Many adults I meet as parents are full of expectations for their children, hoping that their children will become dragons and their daughters will become phoenixes. They expect their children to have excellent grades and outstanding strengths all the way to growth, to graduate from a good university, to get a good job, to talk about excellent lovers, and then to marry and have children to honor their parents...
Every time the time point comes, it's like coming home at night, and as soon as you press the switch, the light comes on.
They think that they can make a good child by paying money and good discipline, and if the child does not meet expectations in the process or at a preset key point, it is the child's problem. They can save the country in various curves in the workplace, have reached their goals, but hope that their children, another independent person, can give the most accurate response to their daily and so-called love.
Children are people who are as independent as you. He has little strength, does not understand the rules of society, many things can not be done, nor will he take care of himself, not that he is stupid and weak, he has not done it, has not experienced it, has not heard of it. You need to give him the freedom and space to learn, practice and adjust in the process of parenting.
The child has always been a transparent adult, or rather, every day and every night, the child is growing quietly, not only physically, but also mentally and competently.
Love, is preference! Not pampering.
The more I grew up, the more I felt that a good mother's love and father's love was originally a process of gradually letting go. This is not sad at all, but I think it is full of power, this little baby is originally an independent life individual who is as independent as his parents, or even better, with his own characteristics.
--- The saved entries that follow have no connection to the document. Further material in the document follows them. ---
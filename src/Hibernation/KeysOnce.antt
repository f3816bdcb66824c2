-- ===== src/Hibernation/KeysOnce.antt =====
-- The saved maps have each group once, whatever the cloud answers.
use katalyst.Prelude.{String, inl, inr, List, [], ◌∷◌, Bool-cases}
use katalyst.Prelude.GoMap.{insert, erase, insert-HasKeysOnce, erase-HasKeysOnce, HasKeysOnce}
use katalyst.Hibernation.{
  NodeGroup, Cloud, Progress, lower_to_one, is_excluded, hibernate_group, hibernate_all,
}

module _ {C : Type 0} (cloud : Cloud C) where
  unfoldable pub HasProgressKeysOnce : Progress cloud → Type 0
  HasProgressKeysOnce p = HasKeysOnce p.desired × HasKeysOnce p.mins

  hibernate_group-HasProgressKeysOnce :
      (g : NodeGroup) (p : Progress cloud)
      → HasProgressKeysOnce p
      → HasProgressKeysOnce (hibernate_group cloud g p)
  unfolding hibernate_group HasProgressKeysOnce
  hibernate_group-HasProgressKeysOnce g p (a, b) =
      let a' = insert-HasKeysOnce g.id g.desired_count p.desired a in
      let b' = insert-HasKeysOnce g.id g.min_count p.mins b in
      let undone : HasKeysOnce (erase g.id (insert g.id g.desired_count p.desired))
          × HasKeysOnce (erase g.id (insert g.id g.min_count p.mins)) =
        (erase-HasKeysOnce g.id _ a', erase-HasKeysOnce g.id _ b') in
      elim (Bool-cases (lower_to_one cloud g p.at).1) [
        | inr bad ↦ rw bad undone
        | inl y ↦ elim (Bool-cases (cloud.scale_to g.id 1 (lower_to_one cloud g p.at).0).1) [
          | inr bad ↦ rw (y, bad) undone
          | inl good ↦ rw (y, good) (a', b')
        ]
      ]

  pub hibernate_all-HasProgressKeysOnce :
      (exclude : List String) (gs : List NodeGroup) (p : Progress cloud)
      → HasProgressKeysOnce p
      → HasProgressKeysOnce (hibernate_all cloud exclude gs p)
  unfolding hibernate_all
  hibernate_all-HasProgressKeysOnce exclude [] p h = h
  hibernate_all-HasProgressKeysOnce exclude (g ∷ gs) p h =
      elim (Bool-cases (is_excluded cloud exclude g)) [
        | inl y ↦ rw y (hibernate_all-HasProgressKeysOnce exclude gs p h)
        | inr n ↦ rw n (
            hibernate_all-HasProgressKeysOnce exclude gs (hibernate_group cloud g p)
              (hibernate_group-HasProgressKeysOnce g p h))
      ]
Parents who refuse to give up a little at the right time, parents who spoil their children in every way, are actually emasculating their children's ability.
As a parent, why not trust your child to be an independent person? Is there greed, fear, selfishness or cowardice, or ignorance behind this? What I can be sure of is that it must not be pure love.
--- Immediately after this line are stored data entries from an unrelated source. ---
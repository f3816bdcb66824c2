-- ===== src/Hibernation/Reading.antt =====
-- The loop of `loadState` reads each key by itself, so that the order of the entries is free.
use katalyst.Prelude.{
  ℕ, String, ◌≡◌, refl, ap, ◌∙◌, subst, inl, inr, Bool, false, not, Option, none, some, List, [],
  ◌∷◌, arith, str_eq, eq_iff, if◌then◌else◌, Bool-cases, Option-cases,
}
use katalyst.Prelude.GoMap.{GoMap, lookup, lookup-insert, HasKeysOnce}
use katalyst.Prelude.Prefix.{prepend, strip_prefix}
use katalyst.Prelude.Words.{lt64}
use katalyst.Hibernation.Entries.{strip_prefix-refuses, prepend-eq}
use katalyst.Hibernation.{Controller, load_count, put, load_entry, load_entries}

-- The loop of `loadState`, for one of the two maps.
unfoldable pub load_all : String → (ℕ → Bool) → GoMap (List ℕ) → GoMap ℕ → GoMap ℕ
load_all prefix good [] m = m
load_all prefix good ((key, val) ∷ entries) m =
    load_all prefix good entries (load_entry prefix good key val m)

abbrev pub or_else : Option ℕ → Option ℕ → Option ℕ
or_else none before = before
or_else (some n) before = some n

abbrev pub read_back : (ℕ → Bool) → Option (List ℕ) → Option ℕ → Option ℕ
read_back good none before = before
read_back good (some val) before = or_else (load_count good val) before

lookup-put :
    (j id : String) (o : Option ℕ) (m : GoMap ℕ)
    → lookup id (put j o m) ≡ (if str_eq j id then or_else o (lookup id m) else lookup id m)
lookup-put j id none m = ground arith
lookup-put j id (some n) m = lookup-insert j id n m

load_entry-none :
    (prefix : String) (good : ℕ → Bool) (key : String) (val : List ℕ) (m : GoMap ℕ)
    → strip_prefix prefix key ≡ none
    → load_entry prefix good key val m ≡ m
unfolding load_entry
load_entry-none prefix good key val m e = rw (load_entry, e)

load_entry-some :
    (prefix : String) (good : ℕ → Bool) (key : String) (val : List ℕ) (j : String) (m : GoMap ℕ)
    → strip_prefix prefix key ≡ some j
    → load_entry prefix good key val m ≡ put j (load_count good val) m
unfolding load_entry
load_entry-some prefix good key val j m e = rw (load_entry, e)

pub lookup-load_all :
    (prefix : String) (good : ℕ → Bool) (id : String) (entries : GoMap (List ℕ)) (m : GoMap ℕ)
    → HasKeysOnce entries
    → lookup id (load_all prefix good entries m)
      ≡ read_back good (lookup (prepend prefix id) entries) (lookup id m)
unfolding load_all lookup
lookup-load_all prefix good id [] m h = refl
lookup-load_all prefix good id ((key, val) ∷ entries) m (fresh, h) =
    let ih = lookup-load_all prefix good id entries (load_entry prefix good key val m) h in
    elim (Option-cases (strip_prefix prefix key)) [
      | inl e ↦
          let other : str_eq key (prepend prefix id) ≡ false = ground (
            arith,
            strip_prefix-refuses prefix id key e,
            eq_iff key (prepend prefix id),
            eq_iff (prepend prefix id) key,
          ) in
          rw other (
            ih
            ∙ ap (read_back good (lookup (prepend prefix id) entries))
                (ap (lookup id) (load_entry-none prefix good key val m e)))
      | inr (j, e) ↦
          let own : str_eq key (prepend prefix id) ≡ str_eq j id = ground (
            arith,
            prepend-eq prefix id key j e,
            eq_iff key (prepend prefix id),
            eq_iff (prepend prefix id) key,
            eq_iff j id,
            eq_iff id j,
          ) in
          let here : lookup id (load_entry prefix good key val m)
              ≡ (if str_eq j id then or_else (load_count good val) (lookup id m) else lookup id m) =
            ap (lookup id) (load_entry-some prefix good key val j m e)
            ∙ lookup-put j id (load_count good val) m in
          elim (Bool-cases (str_eq j id)) [
            | inl y ↦
                let gone : lookup (prepend prefix id) entries ≡ none =
                  subst (λ k. lookup k entries ≡ none)
                    ((eq_iff key (prepend prefix id)).0 (own ∙ y)) fresh in
                rw (own, y)
                  (ih
                    ∙ ap (λ o. read_back good o (lookup id (load_entry prefix good key val m))) gone
                    ∙ here
                    ∙ rw y)
            | inr n ↦
                rw (own, n)
                  (ih ∙ ap (read_back good (lookup (prepend prefix id) entries)) (here ∙ rw n))
          ]
    ]

pub load_entries-saved :
    (entries : GoMap (List ℕ)) (c : Controller)
    → ((load_entries entries c).saved_desired
        ≡ load_all "desired-" (λ n. lt64 0 n) entries c.saved_desired)
      × ((load_entries entries c).saved_min
          ≡ load_all "min-" (λ n. not (lt64 n 0)) entries c.saved_min)
      × ((load_entries entries c).hibernated ≡ c.hibernated)
unfolding load_entries load_all
load_entries-saved [] c = (refl, refl, refl)
load_entries-saved ((key, val) ∷ entries) c = load_entries-saved entries (record c {
  saved_desired = load_entry "desired-" (λ n. lt64 0 n) key val c.saved_desired;
  saved_min = load_entry "min-" (λ n. not (lt64 n 0)) key val c.saved_min;
})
Letting go is a gradual process that begins from the moment he leaves the mother. He first has his own activity space, and then does not rely on his mother's milk, then learns to speak and communicate with others, learns to do housework, and goes out of the house to have his own friends and small world...
Sometimes I even think that in the era of peace, along with the growth of children, the reason for the decline of parents may not be that children deprive parents of their time and wealth, but that parents themselves have given up their love and expectations for themselves.
Originally, parents and children can understand and share the world together.
In the process of seemingly children and parents being separated, very secret, spiritual things are gradually sprouting and intertwining.
It should be admitted that every child, regardless of family situation, has the same lush vitality.
In the increasingly prosperous land, give the child enough space and freedom, give him the opportunity to establish his own life order, he will bring back a beautiful new world that you can't imagine.
You have to believe that those setbacks and accidents, those who can't die, will make him stronger. Just like you've ever experienced.
Years are such things that can make people become their own. Everyone can, whether they are children, parents, siblings, lovers or friends.
And you, aren't you what you look like? After stripping away various roles, social status, and wealth, are you okay?